Want to save this recipe?
Why are my beans still hard after slow cooking?
If you’ve ever tried to make baked beans (or any sort of sauce-based bean dish) using dried beans before, you may have run into the problem of your beans never getting soft, even if you pre-soaked them. When dried beans mix with acid, the cooking time is greatly increased. That means you want to skip adding any tomato-based products until your beans have been adequately softened. That’s why the recipe for these baked beans has you adding the acidic ingredients after a few hours of cooking. (Also, the older the beans, the longer it takes to soften them—beans over a year old might never soften.)

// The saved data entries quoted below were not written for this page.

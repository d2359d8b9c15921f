-- ===== src/ChunkPacketParser/Tests.antt =====
-- Runs of the parser of TransferCore/ChunkPacketParser.cpp, and its theorems at a packet of one byte.
use transfer_udt.Common.{
  ℕ, ◌^◌, ◌<◌, ◌≤◌, ◌+◌, ◌≡◌, ◌≢◌, ◌↔◌, refl, inl, inr, Bool, true, false, List, [], ◌∷◌, ◌++◌,
  ◌==◌, if◌then◌else◌, length, replicate, All, arith,
}
use transfer_udt.Common.Int.{negsuc}
use transfer_udt.Common.Bytes.{
  Bytes, IsByte, codes, uint32_bytes, uint64_bytes, uint32_of, all_bytes_sound,
}
use transfer_udt.ChunkMetadata.{ChunkMetadata, empty_chunk}
use transfer_udt.ChunkPacketParser.Reads.{ok, err, Outcome, ensure_available, read_uint32}
use transfer_udt.ChunkPacketParser.Paths.{
  PathOps, is_safe_filename, is_safe_relative_directory, has_control_chars, has_any_of,
  has_bad_segment, mem_byte, max_filename_len,
}
use transfer_udt.ChunkPacketParser.Packet.{Message, IsAcceptable, encode, store}
use transfer_udt.ChunkPacketParser.RoundTrip.{parse_iff}
use transfer_udt.ChunkPacketParser.Safety.{
  IsPlain, IsInner, parse-filename_confined, parse-directory_confined, parse-data_within_file,
  parse_prefix_free, parse-chunk_number_negative,
}
use transfer_udt.ChunkPacketParser.{
  parse, parse_body, parse_total_length, is_lower_hex, max_chunk_size_bytes, max_file_size_bytes,
}

abbrev starts_with_slash : Bytes → Bool
starts_with_slash [] = false
starts_with_slash (ch ∷ rest) = ch == b'/'

abbrev add_byte : ℕ → List Bytes → List Bytes
add_byte ch [] = (ch ∷ []) ∷ []
add_byte ch (first ∷ rest) = (ch ∷ first) ∷ rest

-- The segments between slashes.
abbrev segments : Bytes → List Bytes
segments [] = []
segments (ch ∷ rest) = if ch == b'/' then [] ∷ segments rest else add_byte ch (segments rest)

-- A path library for plain POSIX names.
abbrev pub posix : PathOps
posix = record {
  has_root_name = λ s. false;
  has_root_directory = starts_with_slash;
  has_parent_path = mem_byte b'/';
  is_absolute = starts_with_slash;
  lexically_normal = λ s. s;
  elements = segments;
}

abbrev pub small_message : Message
small_message = record {
  filename = codes "a";
  directory = codes "d/e";
  server_address = codes "h";
  transfer_id = replicate 64 b'0';
  chunk_number = 0;
  total_chunks = 1;
  chunk_offset = 0;
  total_file_size = 1;
  hash = replicate 64 b'f';
  chunk_data = 7 ∷ [];
}

pub small_message-IsAcceptable : IsAcceptable posix small_message
unfolding is_safe_filename is_safe_relative_directory has_control_chars has_any_of has_bad_segment
    is_lower_hex
small_message-IsAcceptable = record {
  safe_filename = refl;
  safe_directory = refl;
  short_address = omega arith;
  id_length = refl;
  id_hex = refl;
  number_fits = omega arith;
  good_counts = (omega arith, inr (omega arith));
  file_not_empty = omega arith;
  file_not_huge = omega arith;
  hash_length = refl;
  hash_hex = refl;
  good_data = (omega arith, omega arith, omega arith);
}

abbrev pub small_packet : Bytes
small_packet = encode small_message

small_packet-bytes : All IsByte small_packet
unfolding uint32_bytes uint64_bytes
small_packet-bytes = all_bytes_sound small_packet refl

abbrev pub stored : ChunkMetadata
stored = store small_message empty_chunk

small_packet-parsed : parse posix small_packet empty_chunk ≡ ok tt (length small_packet) stored
small_packet-parsed =
    (parse_iff posix small_packet empty_chunk stored (length small_packet) small_packet-bytes).1
      (refl, (small_message, small_message-IsAcceptable, refl, refl))

parse_iff_example : (parse posix small_packet empty_chunk ≡ ok tt (length small_packet) stored) ↔ (
    (length small_packet ≡ length small_packet)
    × ((m : Message) × IsAcceptable posix m
        × (small_packet ≡ encode m)
        × (store m empty_chunk ≡ stored)))
parse_iff_example =
    parse_iff posix small_packet empty_chunk stored (length small_packet) small_packet-bytes

parse-filename_confined_example :
    (0 < length stored.filename)
    × (length stored.filename ≤ max_filename_len)
    × All IsPlain stored.filename
    × (stored.filename ≢ codes ".")
    × (stored.filename ≢ codes "..")
parse-filename_confined_example =
    parse-filename_confined posix small_packet empty_chunk stored (length small_packet) refl refl
      small_packet-bytes small_packet-parsed

parse-directory_confined_example :
    (posix.has_root_name stored.directory ≡ false)
    × (posix.has_root_directory stored.directory ≡ false)
    × (posix.is_absolute stored.directory ≡ false)
    × All IsInner (posix.elements stored.directory)
parse-directory_confined_example =
    parse-directory_confined posix small_packet empty_chunk stored (length small_packet)
      small_packet-bytes small_packet-parsed (omega arith)

parse-data_within_file_example :
    (stored.data_size ≡ length stored.chunk_data)
    × (0 < stored.data_size)
    × (stored.data_size ≤ max_chunk_size_bytes)
    × (stored.chunk_offset + stored.data_size ≤ stored.total_file_size)
    × (stored.total_file_size ≤ max_file_size_bytes)
parse-data_within_file_example =
    parse-data_within_file posix small_packet empty_chunk stored (length small_packet)
      small_packet-bytes small_packet-parsed

parse_prefix_free_example : ◌≡◌ {A = Bytes} [] []
unfolding uint32_bytes uint64_bytes
parse_prefix_free_example =
    parse_prefix_free posix small_packet [] empty_chunk stored stored (length small_packet)
      (length small_packet) small_packet-bytes small_packet-bytes small_packet-parsed
      small_packet-parsed

abbrev late_message : Message
late_message = record small_message { chunk_number = 2 ^ 31; total_chunks = 0 }

late_message-IsAcceptable : IsAcceptable posix late_message
late_message-IsAcceptable = record {
  safe_filename = small_message-IsAcceptable.safe_filename;
  safe_directory = small_message-IsAcceptable.safe_directory;
  short_address = omega arith;
  id_length = refl;
  id_hex = small_message-IsAcceptable.id_hex;
  file_not_empty = omega arith;
  file_not_huge = omega arith;
  hash_length = refl;
  hash_hex = small_message-IsAcceptable.hash_hex;
  good_data = (omega arith, omega arith, omega arith);
  number_fits = omega arith;
  good_counts = (omega arith, inl refl);
}

parse-chunk_number_negative_example :
    (late_message.total_chunks ≡ 0)
    × (c' : ChunkMetadata) × (n : ℕ) × (parse posix (encode late_message) empty_chunk
        ≡ ok tt (length (encode late_message)) c')
    × (c'.chunk_number ≡ negsuc n)
parse-chunk_number_negative_example =
    parse-chunk_number_negative posix late_message empty_chunk late_message-IsAcceptable
      (omega arith)

-- A packet with a byte too many is refused before any field is read.
abbrev outcome_error : Outcome (Unit {0}) → Bool
outcome_error (ok u o c) = false
outcome_error (err e c) = true

longer_packet_refused : outcome_error (parse posix (small_packet ++ (0 ∷ [])) empty_chunk) ≡ true
unfolding parse parse_body parse_total_length read_uint32 ensure_available uint32_bytes uint64_bytes
    uint32_of
longer_packet_refused = refl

What should I serve with slow cooker baked beans?
When we’re making these baked beans for dinner, we serve them up with a batch of cornbread. Otherwise, we make these for a game day spread along with:
- Hawaiian roll ham and Swiss sliders
- Instant Pot buffalo chicken dip
- Oven-baked chicken wings
- Margaritas made with homemade margarita mix

Slow Cooker Bacon Brown Sugar Baked Beans
Ingredients
- 1 pound navy beans
- 1 pound thick-cut bacon cut into bite-sized pieces
- 1 large onion diced
- 1 large green pepper diced
- 3 cloves garlic minced
- 3 cups water
- 1 cup brown sugar
- 1 cup barbecue sauce use gluten-free, if needed
- ⅓ cup apple cider vinegar
- ¼ cup Dijon mustard
- ¼ cup molasses
Instructions
- Soak the beans in water (the water should rise a few inches above the beans) overnight.
- Cook the bacon on the sauté setting of the slow cooker, or in a Dutch oven on the stovetop. Remove the bacon and set it aside.
- Drain all but 2 tablespoons of the bacon grease. Sauté the onion, pepper, and garlic in the grease until soft, about 5-7 minutes. If you cooked them in a Dutch oven, transfer the vegetables to the slow cooker.
- Drain the beans. Add the beans and 3 cups of fresh water to the slow cooker. Cook on high for 3-4 hours, or until the beans are mostly tender.
- Whisk the brown sugar, barbecue sauce, vinegar, mustard, and molasses together in a small bowl. Stir into the beans. Add the bacon to the slow cooker.
- Cook an additional 1-2 hours on high, until the beans are thick and dark.
Notes
- To make this recipe gluten-free, use a homemade gluten-free barbecue sauce, or be sure to check the labels of commercial barbecue sauces—some are gluten-free, but many are not!